# Housework - what's fair?



## Gord (Apr 3, 2014)

Situation: Married 30+ years, no kids left at home, wife decided to quit her job 4 years ago and i've continued to work. Prior to this we had an agreeable sharing of cooking, laundry and housework, which included seasonal yardwork as well as painting, repairs, etc. Since quitting her job my wife has stopped doing anything but vacuum 2 or 3 times a month, make dinner for the 2 of us 3 or 4 times a week (I make dinner for us 1 or 2 times a week). I make all other meals for myself. She does most but not all of the grocery shopping. I do my own laundry (since we were married) and she does her own plus the bedding. Sex has been absent for the past 8 years - I just gave up trying.

My problem: I feel like I'm being abused. i work 10-12 hours a day (including bus commute time), my social life is almost zero, the house is so dirty it stinks, my wife sleeps until 10 or 11am, watches TV, reads or goes to her bridge games or socializes with friends (at their house) most of the day. We've pretty well depleted all of our savings. We've had many discussions about her contribution to our home and relationship is out of balance and even though she agrees, nothing has changed. I'm ready to end the marriage because of this.

I'm looking for some opinions from both sexes, any age to guide me through this, whether it be finding a sustainable compromise that's fair and keeps us both happy, just moving out/separating or ??


----------



## happy as a clam (Jan 5, 2014)

Ummm... forget the housework. I'm more concerned that you haven't had sex in 8 years?!?!

I'd be packing my bags, moving along. Your wife sounds like a sloth who is completely taking advantage of you and giving you none of the benefits of marriage.


----------



## Sandfly (Dec 8, 2013)

She's not working, she's at home, she does everything in the house.

You're not working, you're at home, you do everything.

If your house stinks, you need to take her internet and TV off her, coz that's where all the time is going.


----------



## DoF (Mar 27, 2014)

No sex = huge red flag (8 years? jesus christ) How do you even put up with that? That's just crazy. She completely doesn't care about you or making sure her loved one is happy/satisfied. People that love you don't do that sort of thing IMO.

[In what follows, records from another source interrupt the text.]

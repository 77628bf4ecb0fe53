-- ===== src/Pacer/Rate.antt =====
-- The rate of common/pacer.hpp follows the controller's target, and so its bounds.
use mathlib.Core.Path.{subst}
use win_udpsharded_echo.Prelude.{
  ℕ, ◌≡◌, sym, Bool, true, false, List, [], ◌∷◌, arith, if◌then◌else◌,
}
use win_udpsharded_echo.Float.{Double, one, ◌≼◌}
use win_udpsharded_echo.Float.Laws.{IsIeee}
use win_udpsharded_echo.Cc.{Controller, Event, sent, acked, polled, notify}
use win_udpsharded_echo.Cc.Reno.{reno_congestion_controller}
use win_udpsharded_echo.Cc.Reno.Window.{
  IsBounded, notify-IsBounded, set_initial_rate-IsBounded, target-bounds,
}
use win_udpsharded_echo.Pacer.{
  Pacer, refill, reset_to_now, new_pacer, retargets, adjust, can_send, record_send, poll, on_ack,
  Call, checks, records, polls, resets, acks, step, run,
}

-- An invariant `P` of the controller under which its targets do not exceed `limit`.
module _ {F C : Type 0} ⦃d : Double F⦄ (controller : Controller F C) (limit : F) (P : C → Type 0)
    (keep : (c : C) (e : Event) → P c → P (notify controller c e))
    (below : (c : C) → P c → d.lt limit (controller.target_rate_pps c) ≡ false) where
  record IsPaced (p : Pacer F C) : Type 0 where
    controlled : P p.cc
    rate_le : d.lt limit p.rate_pps ≡ false

  refill_keeps :
      (now : ℕ) (p : Pacer F C)
      → ((refill now p).cc ≡ p.cc) × ((refill now p).rate_pps ≡ p.rate_pps)
  unfolding refill
  refill_keeps now p = ground arith

  adjust_parts :
      (p : Pacer F C)
      → ((adjust controller p).cc ≡ p.cc)
        × ((adjust controller p).rate_pps
            ≡ (if retargets controller p then controller.target_rate_pps p.cc else p.rate_pps))
  unfolding adjust
  adjust_parts p = ground arith

  P-if : (b : Bool) (c c' : C) → P c → P c' → P (if b then c else c')
  P-if true c c' h h' = h
  P-if false c c' h h' = h'

  can_send_parts :
      (now : ℕ) (p : Pacer F C)
      → let q = (can_send controller now p).0 in
        (q.cc ≡ p.cc)
        × (q.rate_pps ≡ (if p.unlimited then p.rate_pps else (adjust controller p).rate_pps))
  unfolding can_send
  can_send_parts now p = ground (arith, adjust_parts p, refill_keeps now (adjust controller p))

  record_send_parts :
      (now seq : ℕ) (p : Pacer F C)
      → let q = record_send controller now seq p in
        (q.cc ≡ (if p.unlimited then p.cc else controller.on_send now seq p.cc))
        × (q.rate_pps ≡ p.rate_pps)
  unfolding record_send
  record_send_parts now seq p = ground (arith, refill_keeps now p)

  poll_parts :
      (now : ℕ) (p : Pacer F C)
      → let q = poll controller now p in
        (q.cc ≡ (if p.unlimited then p.cc else controller.on_poll now p.cc))
        × (q.rate_pps ≡ p.rate_pps)
  unfolding poll
  poll_parts now p = ground (arith, refill_keeps now p)

  reset_to_now_parts :
      (now : ℕ) (p : Pacer F C)
      → let q = reset_to_now now p in (q.cc ≡ p.cc) × (q.rate_pps ≡ p.rate_pps)
  unfolding reset_to_now
  reset_to_now_parts now p = ground arith

  on_ack_parts :
      (now seq rtt : ℕ) (p : Pacer F C)
      → let q = on_ack controller now seq rtt p in
        (q.cc ≡ (if p.unlimited then p.cc else controller.on_ack now seq rtt p.cc))
        × (q.rate_pps ≡ p.rate_pps)
  unfolding on_ack
  on_ack_parts now seq rtt p = ground arith

  -- A step that takes the controller to `c` and keeps the rate.
  paced :
      (p q : Pacer F C) (c : C)
      → IsPaced p
      → P c
      → (q.cc ≡ (if p.unlimited then p.cc else c)) × (q.rate_pps ≡ p.rate_pps)
      → IsPaced q
  paced p q c i h (e, r) = record {
    controlled = subst P (sym e) (P-if p.unlimited p.cc c i.controlled h);
    rate_le = rw r i.rate_le;
  }

  step-IsPaced : (p : Pacer F C) (c : Call) → IsPaced p → IsPaced (step controller p c)
  step-IsPaced p (checks now) i =
      let parts = can_send_parts now p in
      let target = below p.cc i.controlled in
      record {
        controlled = subst P (sym parts.0) i.controlled;
        rate_le = rw parts.1 (ground (arith, adjust_parts p, target));
      }
  step-IsPaced p (records now seq) i =
      paced p _ _ i (keep p.cc (sent now seq) i.controlled) (record_send_parts now seq p)
  step-IsPaced p (polls now) i =
      paced p _ _ i (keep p.cc (polled now) i.controlled) (poll_parts now p)
  step-IsPaced p (resets now) i =
      let parts = reset_to_now_parts now p in
      record { controlled = subst P (sym parts.0) i.controlled; rate_le = rw parts.1 i.rate_le }
  step-IsPaced p (acks now seq rtt) i =
      paced p _ _ i (keep p.cc (acked now seq rtt) i.controlled) (on_ack_parts now seq rtt p)

  run-IsPaced : (p : Pacer F C) (cs : List Call) → IsPaced p → IsPaced (run controller p cs)
  unfolding run
  run-IsPaced p [] i = i
  run-IsPaced p (c ∷ cs) i = run-IsPaced (step controller p c) cs (step-IsPaced p c i)

module _ {F : Type 0} ⦃d : Double F⦄ (laws : IsIeee F) where
  open laws use {refl_of_le, not_lt_of_le}

  -- A pacer over the Reno controller that was made for at least one packet per second never paces
  -- above that rate, whatever calls are made of it at whatever times.
  pub reno_rate_le :
      (now : ℕ) (pps : F) (cs : List Call)
      → one ≼ pps
      → let start = new_pacer reno_congestion_controller now pps in
        d.lt pps (run reno_congestion_controller start cs).rate_pps ≡ false
  unfolding new_pacer
  reno_rate_le now pps cs h =
      let self : pps ≼ pps = (refl_of_le one pps h).1 in
      (run-IsPaced reno_congestion_controller pps (IsBounded pps) (notify-IsBounded laws pps h)
        (λ s b. (target-bounds laws pps h s b).1) (new_pacer reno_congestion_controller now pps) cs
        (record {
          controlled = set_initial_rate-IsBounded laws pps h;
          rate_le = not_lt_of_le pps pps self;
        })).rate_le
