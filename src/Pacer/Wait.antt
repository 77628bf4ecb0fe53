-- ===== src/Pacer/Wait.antt =====
-- The answers of common/pacer.hpp to "now?" and "how long?".
use win_udpsharded_echo.Prelude.{ℕ, ◌≡◌, true, false, arith, ◌&&◌, not, if◌then◌else◌}
use win_udpsharded_echo.Float.{Double, one}
use win_udpsharded_echo.Float.Laws.{IsIeee}
use win_udpsharded_echo.Cc.{Controller}
use win_udpsharded_echo.Pacer.{
  Pacer, tokens_at, refill, get_next_send_time_ns, reset_to_now, retargets, adjust, can_send,
  record_send, poll, on_ack, Call, checks, records, polls, resets, acks, step,
}

module _ {F C : Type 0} ⦃d : Double F⦄ where
  -- The look ahead without a change of state is the refill.
  tokens_at-eq-refill : (now : ℕ) (p : Pacer F C) → tokens_at now p ≡ (refill now p).tokens
  unfolding tokens_at refill
  tokens_at-eq-refill now p = ground arith

  module _ (laws : IsIeee F) (controller : Controller F C) where
    open laws use {le_trans, lit_sub_le}

    -- A limited pacer whose controller keeps its rate answers both questions from one bucket, the
    -- tokens that a check at `now` leaves in the state: with a whole token the wait is 0, with less
    -- it is the missing part at the current rate, and a check is never refused at a whole token.
    pub can_send-wait :
        (now : ℕ) (p : Pacer F C)
        → p.unlimited ≡ false
        → retargets controller p ≡ false
        → let (q, sendable) = can_send controller now p in
          (get_next_send_time_ns now p ≡ (
            if d.le one q.tokens
            then 0
            else d.to_u64 (d.mul (d.div (d.sub one q.tokens) p.rate_pps) (d.lit 1_000_000_000 0))))
          × ((d.le one q.tokens && not sendable) ≡ false)
    unfolding can_send get_next_send_time_ns adjust
    can_send-wait now p h e =
        let tokens = (refill now p).tokens in
        ground (
          arith,
          tokens_at-eq-refill now p,
          lit_sub_le 1 1 0 12,
          le_trans (d.sub one (d.lit 1 12)) one tokens,
        )

  module _ (controller : Controller F C) where
    -- A pacer with no limit always lets a packet through at once, and no call changes it.
    pub unlimited_inert :
        (p : Pacer F C) (c : Call) (now : ℕ)
        → p.unlimited ≡ true
        → (step controller p c ≡ p)
          × ((can_send controller now p).1 ≡ true)
          × (get_next_send_time_ns now p ≡ 0)
    unfolding can_send record_send poll on_ack reset_to_now get_next_send_time_ns
    unlimited_inert p (checks now) t h = ground arith
    unlimited_inert p (records now seq) t h = ground arith
    unlimited_inert p (polls now) t h = ground arith
    unlimited_inert p (resets now) t h = ground arith
    unlimited_inert p (acks now seq rtt) t h = ground arith
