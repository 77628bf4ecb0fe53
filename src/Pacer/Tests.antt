-- ===== src/Pacer/Tests.antt =====
-- Runs of common/pacer.hpp in fixed point, and the theorems at concrete inputs.
use win_udpsharded_echo.Prelude.{ℕ, ◌≡◌, refl, true, false, List, [], ◌∷◌, inr, ◌&&◌, not}
use win_udpsharded_echo.Float.{one}
use win_udpsharded_echo.Float.Fixed.{Fixed, fixed_double, Fixed-IsIeee}
use win_udpsharded_echo.Cc.Null.{null_congestion_controller}
use win_udpsharded_echo.Cc.Reno.{reno_congestion_controller}
use win_udpsharded_echo.Pacer.{
  Pacer, tokens_at, refill, get_next_send_time_ns, new_pacer, retargets, adjust, can_send,
  record_send, poll, Call, checks, records, polls, resets, acks, run,
}
use win_udpsharded_echo.Pacer.Bucket.{IsFilled, run-IsFilled}
use win_udpsharded_echo.Pacer.Wait.{can_send-wait}
use win_udpsharded_echo.Pacer.Rate.{reno_rate_le}

abbrev whole : ℕ → Fixed
whole n = fixed_double.lit n 0

-- One packet per millisecond with no congestion control.
abbrev thousand : Pacer Fixed (Unit {0})
thousand = record {
  rate_pps = whole 1000;
  unlimited = false;
  capacity = whole 5;
  tokens = whole 0;
  last_refill_ns = 0;
  cc = tt;
}

made : new_pacer null_congestion_controller 0 (whole 1000) ≡ thousand
unfolding new_pacer
made = refl

-- Half a millisecond after the start half a token is there, and the wait is the other half.
waits :
    (get_next_send_time_ns 500_000 thousand ≡ 500_000)
    × ((can_send null_congestion_controller 500_000 thousand).1 ≡ false)
    × ((can_send null_congestion_controller 1_000_000 thousand).1 ≡ true)
unfolding get_next_send_time_ns tokens_at can_send adjust retargets refill
waits = (refl, refl, refl)

-- However long it idles, a burst is five packets.
burst : (poll null_congestion_controller 9_000_000_000 thousand).tokens ≡ whole 5
unfolding poll refill
burst = refl

-- A send without a token leaves none, and no debt.
overshoot : (record_send null_congestion_controller 500_000 1 thousand).tokens ≡ whole 0
unfolding record_send refill
overshoot = refl

abbrev calls : List Call
calls = polls 3_000_000 ∷ checks 4_000_000 ∷ records 4_000_100 0 ∷ resets 5_000_000 ∷ []

run-IsFilled_example :
    IsFilled
      (run null_congestion_controller (new_pacer null_congestion_controller 0 (whole 1000)) calls)
unfolding new_pacer retargets
run-IsFilled_example =
    run-IsFilled Fixed-IsIeee null_congestion_controller 0 (whole 1000) calls refl (inr refl, tt)

can_send-wait_example :
    let (q, sendable) = can_send null_congestion_controller 500_000 thousand in
    (get_next_send_time_ns 500_000 thousand ≡ 500_000)
    × ((fixed_double.le one q.tokens && not sendable) ≡ false)
unfolding retargets can_send adjust refill
can_send-wait_example =
    can_send-wait Fixed-IsIeee null_congestion_controller 500_000 thousand refl refl

reno_rate_le_example :
    let start = new_pacer reno_congestion_controller 0 (whole 1000) in
    fixed_double.lt
      (whole 1000)
      (run reno_congestion_controller start (acks 1000 0 1_000_000 ∷ checks 2000 ∷ [])).rate_pps
    ≡ false
reno_rate_le_example =
    reno_rate_le Fixed-IsIeee 0 (whole 1000) (acks 1000 0 1_000_000 ∷ checks 2000 ∷ []) refl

No work or financial contribution of any kinds = extreme financial negligence on her part.

You are being used and abused? You damn right you are.


----------



## jld (Dec 1, 2013)

I'd be worried about the depleted savings.

OP, you said you have talked, but have you talked about your feelings? Really shared your heart with her? Has she shared her heart with you?

Are you familiar with active listening, where you repeat back to your partner what she says to you, or better yet, you paraphrase it, reflecting the feeling back to her? This should make her feel listened to and understood, and make her willing to listen to you, too. The idea is to reach the deepest part of her heart, and see what is there. There may be a conflict that you could help her resolve.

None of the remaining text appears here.